A two-stage framework for optical coherence tomography angiography image quality improvement

Front Med (Lausanne). 2023 Jan 23:10:1061357. doi: 10.3389/fmed.2023.1061357. eCollection 2023.

Abstract

Introduction: Optical Coherence Tomography Angiography (OCTA) is a new non-invasive imaging modality that gains increasing popularity for the observation of the microvasculatures in the retina and the conjunctiva, assisting clinical diagnosis and treatment planning. However, poor imaging quality, such as stripe artifacts and low contrast, is common in the acquired OCTA and in particular Anterior Segment OCTA (AS-OCTA) due to eye microtremor and poor illumination conditions. These issues lead to incomplete vasculature maps that in turn makes it hard to make accurate interpretation and subsequent diagnosis.

Methods: In this work, we propose a two-stage framework that comprises a de-striping stage and a re-enhancing stage, with aims to remove stripe noise and to enhance blood vessel structure from the background. We introduce a new de-striping objective function in a Stripe Removal Net (SR-Net) to suppress the stripe noise in the original image. The vasculatures in acquired AS-OCTA images usually exhibit poor contrast, so we use a Perceptual Structure Generative Adversarial Network (PS-GAN) to enhance the de-striped AS-OCTA image in the re-enhancing stage, which combined cyclic perceptual loss with structure loss to achieve further image quality improvement.

Results and discussion: To evaluate the effectiveness of the proposed method, we apply the proposed framework to two synthetic OCTA datasets and a real AS-OCTA dataset. Our results show that the proposed framework yields a promising enhancement performance, which enables both conventional and deep learning-based vessel segmentation methods to produce improved results after enhancement of both retina and AS-OCTA modalities.

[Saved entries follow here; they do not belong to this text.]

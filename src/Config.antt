-- ===== src/Config.antt =====
-- The configuration of the services, read from the environment.
pub mod Environment
pub mod AuthConfig
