-- ===== src/Config/Environment.antt =====
-- pkg/utils/env/env.go. Reading a floating-point number belongs to Go's library and is an argument,
-- as is the environment: os.Getenv gives an empty text for a variable that is not set.
pub mod Reads
use microservices_go.Prelude.{
  ℕ, zero, suc, ◌+◌, ◌-◌, ◌*◌, ℤ, pos, negsuc, in_int64, Bool, true, false, ◌&&◌, Option, none,
  some, List, [], ◌∷◌, Bytes, String, codes, bytes_eq, ltb, leb, ◌==◌, if◌then◌else◌,
}

abbrev pub Environment : Type 0
Environment = String → Bytes

-- strconv.Atoi: an optional sign, then digits and nothing else, in the range of a 64-bit int.
abbrev pub is_digit : ℕ → Bool
is_digit c = leb 48 c && leb c 57

unfoldable pub digits_from : ℕ → Bytes → Option ℕ
digits_from acc [] = some acc
digits_from acc (c ∷ cs) =
    let rest = digits_from (acc * 10 + (c - 48)) cs in if is_digit c then rest else none

abbrev pub digits : Bytes → Option ℕ
digits [] = none
digits (c ∷ cs) = digits_from 0 (c ∷ cs)

abbrev pub negative : ℕ → ℤ
negative zero = pos 0
negative (suc n) = negsuc n

abbrev pub in_range : Option ℤ → Option ℤ
in_range none = none
in_range (some z) = if in_int64 z then some z else none

abbrev pub with_sign : (ℕ → ℤ) → Option ℕ → Option ℤ
with_sign sign none = none
with_sign sign (some n) = some (sign n)

unfoldable pub atoi : Bytes → Option ℤ
unfolding digits_from
atoi [] = none
atoi (c ∷ cs) =
    if c == 45
    then in_range (with_sign negative (digits cs))
    else if c == 43
    then in_range (with_sign pos (digits cs))
    else in_range (with_sign pos (digits (c ∷ cs)))

-- strconv.ParseBool.
abbrev pub one_of : List Bytes → Bytes → Bool
one_of [] s = false
one_of (t ∷ ts) s = if bytes_eq t s then true else one_of ts s

unfoldable pub parse_bool : Bytes → Option Bool
parse_bool s =
    if one_of (codes "1" ∷ codes "t" ∷ codes "T" ∷ codes "TRUE" ∷ codes "true" ∷ codes "True" ∷ [])
      s
    then some true
    else if one_of
        (codes "0" ∷ codes "f" ∷ codes "F" ∷ codes "FALSE" ∷ codes "false" ∷ codes "False" ∷ []) s
    then some false
    else none

-- A value of the type parameter T, by the cases of the type switch.
pub data Value (F O : Type 0) : Type 0 where
  text : Bytes → Value F O
  int : ℤ → Value F O
  bool : Bool → Value F O
  float64 : F → Value F O
  other : O → Value F O

abbrev pub or_else {ℓ κ} : {A : Type ℓ} {B : Type κ} → (A → B) → B → Option A → B
or_else f fallback none = fallback
or_else f fallback (some a) = f a

module _ {F O : Type 0} (parse_float : Bytes → Option F) where
  abbrev pub parsed : Bytes → Value F O → Value F O
  unfolding atoi parse_bool
  parsed val (text t) = text val
  parsed val (int n) = or_else int (int n) (atoi val)
  parsed val (bool b) = or_else bool (bool b) (parse_bool val)
  parsed val (float64 x) = or_else float64 (float64 x) (parse_float val)
  parsed val (other o) = other o

  unfoldable pub parse_env_with_fallback : Environment → String → Value F O → Value F O
  parse_env_with_fallback getenv name fallback =
      if bytes_eq (getenv name) [] then fallback else parsed (getenv name) fallback

-- The instances of T that the services use.
abbrev text_or : {F O : Type 0} → Bytes → Value F O → Bytes
text_or fallback (text t) = t
text_or fallback _ = fallback

abbrev int_or : {F O : Type 0} → ℤ → Value F O → ℤ
int_or fallback (int n) = n
int_or fallback _ = fallback

-- ParseEnvWithFallback[string] and ParseEnvWithFallback[int]; the type assertion at its end gives
-- the value of the same case.
unfoldable pub parse_env_text : Environment → String → String → Bytes
unfolding parse_env_with_fallback
parse_env_text getenv name fallback =
    text_or (codes fallback) (
      parse_env_with_fallback {F = Unit} {O = Unit} (λ s. none) getenv name (text (codes fallback)))

unfoldable pub parse_env_int : Environment → String → ℤ → ℤ
unfolding parse_env_with_fallback
parse_env_int getenv name fallback =
    int_or fallback
      (parse_env_with_fallback {F = Unit} {O = Unit} (λ s. none) getenv name (int fallback))
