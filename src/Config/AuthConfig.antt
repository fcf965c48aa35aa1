-- ===== src/Config/AuthConfig.antt =====
-- auth/config/config.go. The file and the reading of durations are arguments.
pub mod Loaded
use microservices_go.Prelude.{ℕ, ℤ, String, Option, none, some, Bytes, length, ltb, if◌then◌else◌}
use microservices_go.Errors.{message, wrap, Result, done, fail, Outcome, exits, returns}
use microservices_go.Config.Environment.{Environment, parse_env_text}

pub record AuthConfig : Type 0 where
  pub access_secret : Bytes
  pub refresh_secret : Bytes
  pub access_ttl : ℤ
  pub refresh_ttl : ℤ
  pub issuer : Bytes
  pub private_key_bytes : Bytes

pub record Config : Type 0 where
  pub auth : AuthConfig
  pub redis_url : Bytes
  pub broker_url : Bytes

-- The environment, after godotenv has filled it from .env, time.ParseDuration, and os.ReadFile.
pub record System : Type 0 where
  pub getenv : Environment
  pub parse_duration : Bytes → Option ℤ
  pub read_file : String → Option Bytes

infixl 5 ◌>>=◌
abbrev pub ◌>>=◌ : {A B : Type 0} → Outcome A → (A → Outcome B) → Outcome B
exits >>= f = exits
returns (fail e) >>= f = returns (fail e)
returns (done a) >>= f = f a

abbrev pub or_fail : {A : Type 0} → Option A → String → Outcome A
or_fail none text = returns (fail (wrap text (message "parse")))
or_fail (some a) text = returns (done a)

abbrev pub or_exit : {A : Type 0} → Option A → Outcome A
or_exit none = exits
or_exit (some a) = returns (done a)

abbrev pub long_enough : Bytes → String → Outcome Bytes
long_enough secret text =
    if ltb (length secret) 32 then returns (fail (message text)) else returns (done secret)

unfoldable pub load : System → Outcome Config
load os = do
  access_ttl ←
      or_fail (os.parse_duration (parse_env_text os.getenv "ACCESS_TTL" "15m"))
        "failed to parse ACCESS_TTL"
  refresh_ttl ←
      or_fail (os.parse_duration (parse_env_text os.getenv "REFRESH_TTL" "720h"))
        "failed to parse REFRESH_TTL"
  access_secret ←
      long_enough (parse_env_text os.getenv "AUTH_ACCESS_SECRET" "")
        "access secret must be at least 16 bytes"
  refresh_secret ←
      long_enough (parse_env_text os.getenv "AUTH_REFRESH_SECRET" "")
        "refresh secret must be at least 16 bytes"
  private_key_bytes ← or_exit (os.read_file "private.pem")
  returns (
      done (record {
        redis_url = parse_env_text os.getenv "REDIS_URL" "localhost:6379";
        broker_url = parse_env_text os.getenv "BROKER_URL" "";
        auth = record {
          access_secret = access_secret;
          refresh_secret = refresh_secret;
          access_ttl = access_ttl;
          refresh_ttl = refresh_ttl;
          issuer = parse_env_text os.getenv "AUTH_ISSUER" "billing-auth-microservice";
          private_key_bytes = private_key_bytes;
        };
      }))
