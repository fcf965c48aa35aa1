-- ===== src/Config/AuthConfig/Loaded.antt =====
-- Which configurations the auth service starts with (auth/config/config.go).
use microservices_go.Prelude.{◌≤◌, some, length, ◌≡◌, ◌↔◌, arith}
use microservices_go.Errors.{done, returns}
use microservices_go.Config.Environment.{parse_env_text}
use microservices_go.Config.AuthConfig.{Config, System, load}

-- The durations and the key file could be read, and both secrets have at least 32 bytes; the other
-- fields are read from the environment.
pub record Loads (os : System) (cfg : Config) : Type 0 where
  pub access_ttl :
      os.parse_duration (parse_env_text os.getenv "ACCESS_TTL" "15m") ≡ some cfg.auth.access_ttl
  pub refresh_ttl :
      os.parse_duration (parse_env_text os.getenv "REFRESH_TTL" "720h") ≡ some cfg.auth.refresh_ttl
  pub access_secret : parse_env_text os.getenv "AUTH_ACCESS_SECRET" "" ≡ cfg.auth.access_secret
  pub refresh_secret : parse_env_text os.getenv "AUTH_REFRESH_SECRET" "" ≡ cfg.auth.refresh_secret
  pub access_long : 32 ≤ length cfg.auth.access_secret
  pub refresh_long : 32 ≤ length cfg.auth.refresh_secret
  pub issuer : parse_env_text os.getenv "AUTH_ISSUER" "billing-auth-microservice" ≡ cfg.auth.issuer
  pub key : os.read_file "private.pem" ≡ some cfg.auth.private_key_bytes
  pub redis : parse_env_text os.getenv "REDIS_URL" "localhost:6379" ≡ cfg.redis_url
  pub broker : parse_env_text os.getenv "BROKER_URL" "" ≡ cfg.broker_url

-- Load gives a configuration exactly if both durations parse, both secrets have at least 32 bytes
-- and the private key can be read, and it is the one that the environment and the file say.
pub load_iff : (os : System) (cfg : Config) → (load os ≡ returns (done cfg)) ↔ Loads os cfg
unfolding load
load_iff os cfg = (λ h. read h, λ l. ground arith)
  where
    read : load os ≡ returns (done cfg) → Loads os cfg
    read h = record {
      access_ttl = ground arith;
      refresh_ttl = ground arith;
      access_secret = ground arith;
      refresh_secret = ground arith;
      access_long = ground arith;
      refresh_long = ground arith;
      issuer = ground arith;
      key = ground arith;
      redis = ground arith;
      broker = ground arith;
    }
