-- ===== src/Config/Environment/Reads.antt =====
-- What ParseEnvWithFallback gives back (pkg/utils/env/env.go).
use Prim.Native.Nat.{◌/◌, ◌%◌}
use microservices_go.Prelude.{
  ℕ, zero, suc, ◌+◌, ◌-◌, ◌*◌, ◌<◌, ℤ, pos, negsuc, in_int64, true, Option, none, some, [], ◌∷◌,
  All, Bytes, String, bytes_eq, bytes_eq_iff, ◌==◌, ◌≡◌, ◌≢◌, refl, ap, ◌∙◌, arith, Bool-cases, ◌⊎◌,
  inl, inr, decimal, decimal_from, decimal_int, value_from, decimal-value, decimal-ne_nil,
}
use microservices_go.Config.Environment.{
  Environment, is_digit, digits_from, digits, parse_bool, in_range, atoi, Value, text, int, bool,
  float64, other, parsed, or_else, parse_env_with_fallback, parse_env_int,
}

digits_from-value :
    (acc : ℕ) (cs : Bytes)
    → All (λ c. is_digit c ≡ true) cs
    → digits_from acc cs ≡ some (value_from acc cs)
unfolding digits_from
digits_from-value acc [] h = refl
digits_from-value acc (c ∷ cs) h = rw h.0 (digits_from-value (acc * 10 + (c - 48)) cs h.1)

digit_of : (n : ℕ) → is_digit (48 + n % 10) ≡ true
digit_of n = ground arith

decimal_from-digits :
    (fuel n : ℕ) (rest : Bytes)
    → All (λ c. is_digit c ≡ true) rest
    → All (λ c. is_digit c ≡ true) (decimal_from fuel n rest)
unfolding decimal_from
decimal_from-digits zero n rest h = h
decimal_from-digits (suc fuel) n rest h = elim (Bool-cases (n / 10 == 0)) [
  | inl last ↦ rw last (digit_of n, h)
  | inr more ↦ rw more (decimal_from-digits fuel (n / 10) ((48 + n % 10) ∷ rest) (digit_of n, h))
]

decimal-digits : (n : ℕ) → All (λ c. is_digit c ≡ true) (decimal n)
unfolding decimal
decimal-digits n = decimal_from-digits (suc n) n [] tt

-- A text of digits reads as its value.
atoi_digits :
    (cs : Bytes) (n : ℕ)
    → cs ≢ []
    → All (λ c. is_digit c ≡ true) cs
    → value_from 0 cs ≡ n
    → atoi cs ≡ in_range (some (pos n))
unfolding atoi
atoi_digits [] n ne all v = absurd (ne refl)
atoi_digits (c ∷ cs) n ne all v =
    let read : digits (c ∷ cs) ≡ some n = digits_from-value 0 (c ∷ cs) all ∙ ap some v in
    ground (arith, all.0, read)

digits_nonempty :
    (cs : Bytes) (n : ℕ)
    → cs ≢ []
    → All (λ c. is_digit c ≡ true) cs
    → value_from 0 cs ≡ n
    → digits cs ≡ some n
digits_nonempty [] n ne all v = absurd (ne refl)
digits_nonempty (c ∷ cs) n ne all v = digits_from-value 0 (c ∷ cs) all ∙ ap some v

atoi_negative : (n : ℕ) → atoi (45 ∷ decimal (suc n)) ≡ in_range (some (negsuc n))
unfolding atoi
atoi_negative n =
    let read : digits (decimal (suc n)) ≡ some (suc n) =
      digits_nonempty (decimal (suc n)) (suc n) (decimal-ne_nil (suc n)) (decimal-digits (suc n))
        (decimal-value (suc n)) in
    ground (arith, read)

-- strconv.Atoi reads back what "%d" prints of a 64-bit int.
atoi-decimal_int : (n : ℤ) → in_int64 n ≡ true → atoi (decimal_int n) ≡ some n
unfolding decimal_int
atoi-decimal_int (pos n) h =
    atoi_digits (decimal n) n (decimal-ne_nil n) (decimal-digits n) (decimal-value n) ∙ ground arith
atoi-decimal_int (negsuc n) h = atoi_negative n ∙ ground arith

decimal_int-ne_nil : (n : ℤ) → decimal_int n ≢ []
unfolding decimal_int
decimal_int-ne_nil (pos n) h = decimal-ne_nil n h
decimal_int-ne_nil (negsuc n) h = cc

-- A variable that holds the decimal form of a 64-bit int is read as that int, whatever the
-- fallback.
pub parse_env_int_reads :
    (getenv : Environment) (name : String) (fallback n : ℤ)
    → getenv name ≡ decimal_int n
    → in_int64 n ≡ true
    → parse_env_int getenv name fallback ≡ n
unfolding parse_env_int parse_env_with_fallback parsed
parse_env_int_reads getenv name fallback n e h =
    ground (arith, atoi-decimal_int n h, decimal_int-ne_nil n, bytes_eq_iff (getenv name) [])

-- The case of a value: its Go type.
abbrev pub type_of : {F O : Type 0} → Value F O → ℕ
type_of (text _) = 0
type_of (int _) = 1
type_of (bool _) = 2
type_of (float64 _) = 3
type_of (other _) = 4

or_else-type :
    {A F O : Type 0} (f : A → Value F O) (fallback : Value F O) (o : Option A)
    → ((a : A) → type_of (f a) ≡ type_of fallback)
    → type_of (or_else f fallback o) ≡ type_of fallback
or_else-type f fallback none h = refl
or_else-type f fallback (some a) h = h a

parsed-type :
    {F O : Type 0} (parse_float : Bytes → Option F) (val : Bytes) (fallback : Value F O)
    → let v = parsed parse_float val fallback in
      (type_of v ≡ type_of fallback) × ((v ≡ fallback) ⊎ (type_of fallback < 4))
unfolding parsed
parsed-type parse_float val (text t) = (refl, inr (omega arith))
parsed-type parse_float val (int n) =
    (or_else-type int (int n) (atoi val) (λ a. refl), inr (omega arith))
parsed-type parse_float val (bool b) =
    (or_else-type bool (bool b) (parse_bool val) (λ a. refl), inr (omega arith))
parsed-type parse_float val (float64 x) =
    (or_else-type float64 (float64 x) (parse_float val) (λ a. refl), inr (omega arith))
parsed-type parse_float val (other o) = (refl, inl refl)

-- ParseEnvWithFallback gives a value of the fallback's type, so that its type assertion never
-- panics; and it gives another value than the fallback only for a variable that is set to a text
-- that is not empty, and for one of the four types that its switch lists.
pub parse_env_keeps_type :
    {F O : Type 0} (parse_float : Bytes → Option F) (getenv : Environment) (name : String)
    (fallback : Value F O)
    → let v = parse_env_with_fallback parse_float getenv name fallback in
      (type_of v ≡ type_of fallback)
      × ((v ≡ fallback) ⊎ ((getenv name ≢ []) × (type_of fallback < 4)))
unfolding parse_env_with_fallback
parse_env_keeps_type parse_float getenv name fallback =
    elim (Bool-cases (bytes_eq (getenv name) [])) [
      | inl unset ↦ rw unset (refl, inl refl)
      | inr set ↦
          let (same, other_or) = parsed-type parse_float (getenv name) fallback in
          rw set (
            same,
            elim other_or [
              | inl e ↦ inl e
              | inr few ↦ inr ((λ e. ground (arith, bytes_eq_iff (getenv name) [])), few)
            ],
          )
    ]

Keywords: OCTA; generative adversarial networks; image enhancement; stripe removal; two-stage framework.

Grants and funding

This work was supported in part by the Zhejiang Provincial Natural Science Foundation (LR22F020008 and LZ19F010001), in part by the Youth Innovation Promotion Association CAS (2021298), and in part by Ningbo 2025 S&T Mega projects (2019B10033, 2019B10061, and 2021Z054), in part by Health Science and Technology Project of Zhejiang Province (No. 2021PY073).